Figure 5. The quotation marks hang outside the margins of this text box because Hanging Punctuation is applied to the paragraph. As a result, the edges of the justified text look smooth.



Entering special spaces

QuarkXPress provides a variety of special space characters for carefully positioning and aligning text (Figure 6). For example, an en space is used after the word “Tip” (in the Tip headings) and a nonbreaking standard space is used before the arrow (>) character that indicates menu paths (for example, File > Open). To insert special spaces, choose Utilities > Insert Character > Special or Utilities > Insert Character > Special (nonbreaking). If you use one of these spaces often, memorize the keyboard shortcut shown in the submenu.
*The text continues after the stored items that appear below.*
-- ===== src/BlockChecks/Places.antt =====
-- Where the values stand that the checks for duplicates of
-- nightfall-optimist/src/services/check-block.mjs compare.
use nightfall.Common.{
  ℕ, zero, suc, ◌+◌, ◌≡◌, ◌≢◌, refl, sym, ap, subst, ◌∙◌, ◌⊎◌, inl, inr, Option, some, List, [],
  ◌∷◌, ◌++◌, map, get_elem?, arith, eq-cases, eq→==, ne→==,
}
use nightfall.BlockAssembler.Mempool.{Transaction}
use nightfall.BlockChecks.Duplicates.{
  Item, tag, nonzero, block_items, index_of, item_at, field_of, field_at,
}
use nightfall.BlockChecks.Positions.{index_of_lem}

nonzero_at :
    (v d : ℕ) (vs : List ℕ)
    → get_elem? (nonzero vs) d ≡ some v
    → (v ≢ 0) × (e : ℕ) × (get_elem? vs e ≡ some v)
unfolding nonzero
nonzero_at v d [] h = absurd (cc)
nonzero_at v d (w ∷ vs) h = elim (eq-cases w 0) [
  | inl e ↦ let (ne, k, at) = nonzero_at v d vs (rw (eq→== w 0 e) at h) in (ne, suc k, at)
  | inr ne ↦ first_or_later d ne (rw (ne→== w 0 ne) at h) (λ d'. nonzero_at v d' vs)
]
  where
    same_value : ◌≡◌ {A = Option ℕ} (some w) (some v) → w ≡ v
    same_value h = cc

    first_or_later :
        (d : ℕ)
        → w ≢ 0
        → get_elem? (w ∷ nonzero vs) d ≡ some v
        → ((d' : ℕ)
            → get_elem? (nonzero vs) d' ≡ some v
            → (v ≢ 0) × (e : ℕ) × (get_elem? vs e ≡ some v))
        → (v ≢ 0) × (e : ℕ) × (get_elem? (w ∷ vs) e ≡ some v)
    first_or_later zero ne h rest = ((λ e. ne (same_value h ∙ e)), 0, h)
    first_or_later (suc d) ne h rest = let (pos, k, at) = rest d h in (pos, suc k, at)

-- A value of the block belongs to the transaction of its index.
pub record From (field : Transaction → List ℕ) (i : ℕ) (txs : List Transaction) (item : Item)
    : Type 0 where
  n : ℕ
  tx : Transaction
  d : ℕ
  index : item.transaction_index ≡ i + n
  there : get_elem? txs n ≡ some tx
  here : get_elem? (field tx) d ≡ some item.value
  pub not_zero : item.value ≢ 0

tagged_at :
    (i k : ℕ) (vs : List ℕ) (items : List Item) (item : Item)
    → get_elem? (map (tag i) vs ++ items) k ≡ some item
    → ((d : ℕ) × (get_elem? vs d ≡ some item.value) × (item.transaction_index ≡ i))
      ⊎ ((k' : ℕ) × (get_elem? items k' ≡ some item))
tagged_at i k [] items item h = inr (k, h)
tagged_at i zero (v ∷ vs) items item h =
    let same : tag i v ≡ item = cc in
    inl (
      0,
      ap (λ (it : Item). some it.value) same,
      sym (ap (λ (it : Item). it.transaction_index) same),
    )
tagged_at i (suc k) (v ∷ vs) items item h = elim (tagged_at i k vs items item h) [
  | inl (d, at, same) ↦ inl (suc d, at, same)
  | inr rest ↦ inr rest
]

pub block_items-From :
    (field : Transaction → List ℕ) (i k : ℕ) (txs : List Transaction) (item : Item)
    → get_elem? (block_items field i txs) k ≡ some item
    → From field i txs item
unfolding block_items
block_items-From field i k [] item h = absurd (cc)
block_items-From field i k (tx ∷ txs) item h =
    elim (tagged_at i k (nonzero (field tx)) (block_items field (suc i) txs) item h) [
      | inl (d, at, same) ↦
          let (pos, e, place) = nonzero_at item.value d (field tx) at in
          record {
            n = 0;
            tx = tx;
            d = e;
            index = same ∙ add_zero i;
            there = refl;
            here = place;
            not_zero = pos;
          }
      | inr (k', at) ↦
          let rest = block_items-From field (suc i) k' txs item at in
          record {
            n = suc rest.n;
            tx = rest.tx;
            d = rest.d;
            index = rest.index ∙ suc_add i rest.n;
            there = rest.there;
            here = rest.here;
            not_zero = rest.not_zero;
          }
    ]
  where
    add_zero : (a : ℕ) → a ≡ a + 0
    add_zero a = omega arith

    suc_add : (a b : ℕ) → suc a + b ≡ a + suc b
    suc_add a b = omega arith

pub values_of-item :
    (k x : ℕ) (items : List Item)
    → get_elem? (map (λ (item : Item). item.value) items) k ≡ some x
    → (get_elem? items k ≡ some (item_at items k)) × ((item_at items k).value ≡ x)
values_of-item k x [] h = absurd (cc)
values_of-item zero x (item ∷ items) h = (refl, cc)
values_of-item (suc k) x (item ∷ items) h = values_of-item k x items h

-- `indexOf` finds a value of the block in its transaction.
pub located :
    (field : Transaction → List ℕ) (txs : List Transaction) (item : Item)
    → From field 0 txs item
    → get_elem?
        (field_at field txs item.transaction_index)
        (index_of item.value (field_at field txs item.transaction_index))
      ≡ some item.value
located field txs item from =
    let same : field_at field txs item.transaction_index ≡ field from.tx =
      ap (field_at field txs) (from.index ∙ zero_add from.n) ∙ ap (field_of field) from.there in
    subst (λ vs. get_elem? vs (index_of item.value vs) ≡ some item.value) (sym same)
      (index_of_lem item.value from.d (field from.tx) from.here)
  where
    zero_add : (a : ℕ) → 0 + a ≡ a
    zero_add a = omega arith
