-- ===== src/BlockChecks/Accepted.antt =====
-- What the answers of `checkBlock` in nightfall-optimist/src/services/check-block.mjs mean.
use nightfall.Common.{
  ℕ, ◌+◌, ◌<◌, ◌≡◌, ◌≢◌, sym, ap, subst, ◌∙◌, inl, inr, some, List, map, get_elem?, arith, eq-cases,
  eq→==, ne→==, Result, ok, throws,
}
use nightfall.BlockAssembler.Mempool.{Transaction}
use nightfall.BlockChecks.Duplicates.{
  Item, block_items, index_of, find_duplicate, Duplicate, item_at, field_at,
  check_duplicates_within_block,
}
use nightfall.BlockChecks.Distinct.{Distinct, Twice, find_duplicate-Distinct, find_duplicate-Twice}
use nightfall.BlockChecks.Places.{block_items-From, values_of-item, located}

-- The values that a check compares.
abbrev pub values_of : (Transaction → List ℕ) → List Transaction → List ℕ
values_of field txs = map (λ (item : Item). item.value) (block_items field 0 txs)

-- Two different places of the block hold one value, other than zero, and the metadata are about them:
-- they name the transaction of each, and a position in its field that holds the value.
pub record Genuine (field : Transaction → List ℕ) (txs : List Transaction) (d : Duplicate)
    : Type 0 where
  pub value : ℕ
  pub not_zero : value ≢ 0
  pub place1 : ℕ
  pub place2 : ℕ
  pub differ : place1 < place2
  pub item1 :
      get_elem? (block_items field 0 txs) place1
      ≡ some (record { transaction_index = d.transaction1_index; value = value })
  pub item2 :
      get_elem? (block_items field 0 txs) place2
      ≡ some (record { transaction_index = d.transaction2_index; value = value })
  pub first : get_elem? (field_at field txs d.transaction1_index) d.duplicate1_index ≡ some value
  pub second : get_elem? (field_at field txs d.transaction2_index) d.duplicate2_index ≡ some value

pub at_start : (values : List ℕ) (k : ℕ) → get_elem? values k ≡ get_elem? values (0 + k)
at_start values k = ap (get_elem? values) (zero_add k)
  where
    zero_add : (a : ℕ) → a ≡ 0 + a
    zero_add a = omega arith

-- If a check for duplicates passes, no value of the block, other than zero, stands in it twice.
pub check_duplicates_within_block-Distinct :
    (field : Transaction → List ℕ) (txs : List Transaction)
    → check_duplicates_within_block field txs ≡ ok tt
    → Distinct (values_of field txs)
unfolding check_duplicates_within_block
check_duplicates_within_block-Distinct field txs h =
    elim (eq-cases (find_duplicate (values_of field txs) 0 (values_of field txs)).1 0) [
      | inl e ↦
          find_duplicate-Distinct (values_of field txs) 0 (values_of field txs)
            (at_start (values_of field txs)) e
      | inr ne ↦ absurd (
          cc
            (rw (ne→== (find_duplicate (values_of field txs) 0 (values_of field txs)).1 0 ne) at h))
    ]

thrown : (d e : Duplicate) → ◌≡◌ {A = Result Duplicate (Unit {0})} (throws d) (throws e) → d ≡ e
thrown d e h = cc

-- The metadata for two positions of one value.
abbrev metadata : (Transaction → List ℕ) → List Transaction → ℕ × ℕ → Duplicate
metadata field txs found =
    let items = block_items field 0 txs in
    let item1 = item_at items found.0 in
    let item2 = item_at items found.1 in
    record {
      transaction1_index = item1.transaction_index;
      duplicate1_index = index_of item1.value (field_at field txs item1.transaction_index);
      transaction2_index = item2.transaction_index;
      duplicate2_index = index_of item1.value (field_at field txs item2.transaction_index);
    }

metadata-Genuine :
    (field : Transaction → List ℕ) (txs : List Transaction) (found : ℕ × ℕ)
    → Twice (values_of field txs) found
    → Genuine field txs (metadata field txs found)
metadata-Genuine field txs found (x, lt, at1, at2) =
    let items : List Item = block_items field 0 txs in
    let (there1, is1) = values_of-item found.0 x items at1 in
    let (there2, is2) = values_of-item found.1 x items at2 in
    let from1 = block_items-From field 0 found.0 txs (item_at items found.0) there1 in
    let from2 = block_items-From field 0 found.1 txs (item_at items found.1) there2 in
    record {
      value = (item_at items found.0).value;
      not_zero = from1.not_zero;
      place1 = found.0;
      place2 = found.1;
      differ = lt;
      item1 = there1;
      item2 =
          there2
          ∙ ap
              (λ v. some (record {
                transaction_index = (item_at items found.1).transaction_index;
                value = v;
              }))
              (is2 ∙ sym is1);
      first = located field txs (item_at items found.0) from1;
      second =
          subst
            (λ v.
              get_elem? (field_at field txs (item_at items found.1).transaction_index)
                (index_of v (field_at field txs (item_at items found.1).transaction_index))
              ≡ some v)
            (is2 ∙ sym is1) (located field txs (item_at items found.1) from2);
    }

-- If a check for duplicates throws, there are two different places in the list of the block's
-- commitments or nullifiers other than zero that hold the same value; the metadata of its error name
-- the transactions of these places, and in each a position that holds the value.
pub check_duplicates_within_block-Genuine :
    (field : Transaction → List ℕ) (txs : List Transaction) (d : Duplicate)
    → check_duplicates_within_block field txs ≡ throws d
    → Genuine field txs d
unfolding check_duplicates_within_block
check_duplicates_within_block-Genuine field txs d h =
    elim (eq-cases (find_duplicate (values_of field txs) 0 (values_of field txs)).1 0) [
      | inl e ↦ absurd (
          cc (rw (eq→== (find_duplicate (values_of field txs) 0 (values_of field txs)).1 0 e) at h))
      | inr ne ↦
          let values : List ℕ = values_of field txs in
          let twice = find_duplicate-Twice values 0 values (at_start values) ne in
          subst (Genuine field txs)
            (thrown _ d (
              rw (ne→== (find_duplicate (values_of field txs) 0 (values_of field txs)).1 0 ne) at
                h))
            (metadata-Genuine field txs (find_duplicate values 0 values) twice)
    ]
Figure 6. In this example, an en space is used after the bullet for a consistent amount of space that is slightly wider than a standard space.


Tip: Inserting Hyphens, En Dashes, And Em Dashes

The Insert Character submenu of the Utilities menu also lets you insert hyphens, en dashes, and em dashes in both standard and nonbreaking varieties. You might use a nonbreaking hyphen to prevent a phone number from breaking at the end of a line. An en dash (–), which is usually half the width of a capital “N” in the active font, should be used as a minus sign and in number ranges. An em dash (—), the width of a capital “M,” is often used for dramatic effect within a sentence or used in pairs, like commas, to set off a clause. A sure sign of amateur typography is the use of hyphens rather than en dashes or em dashes.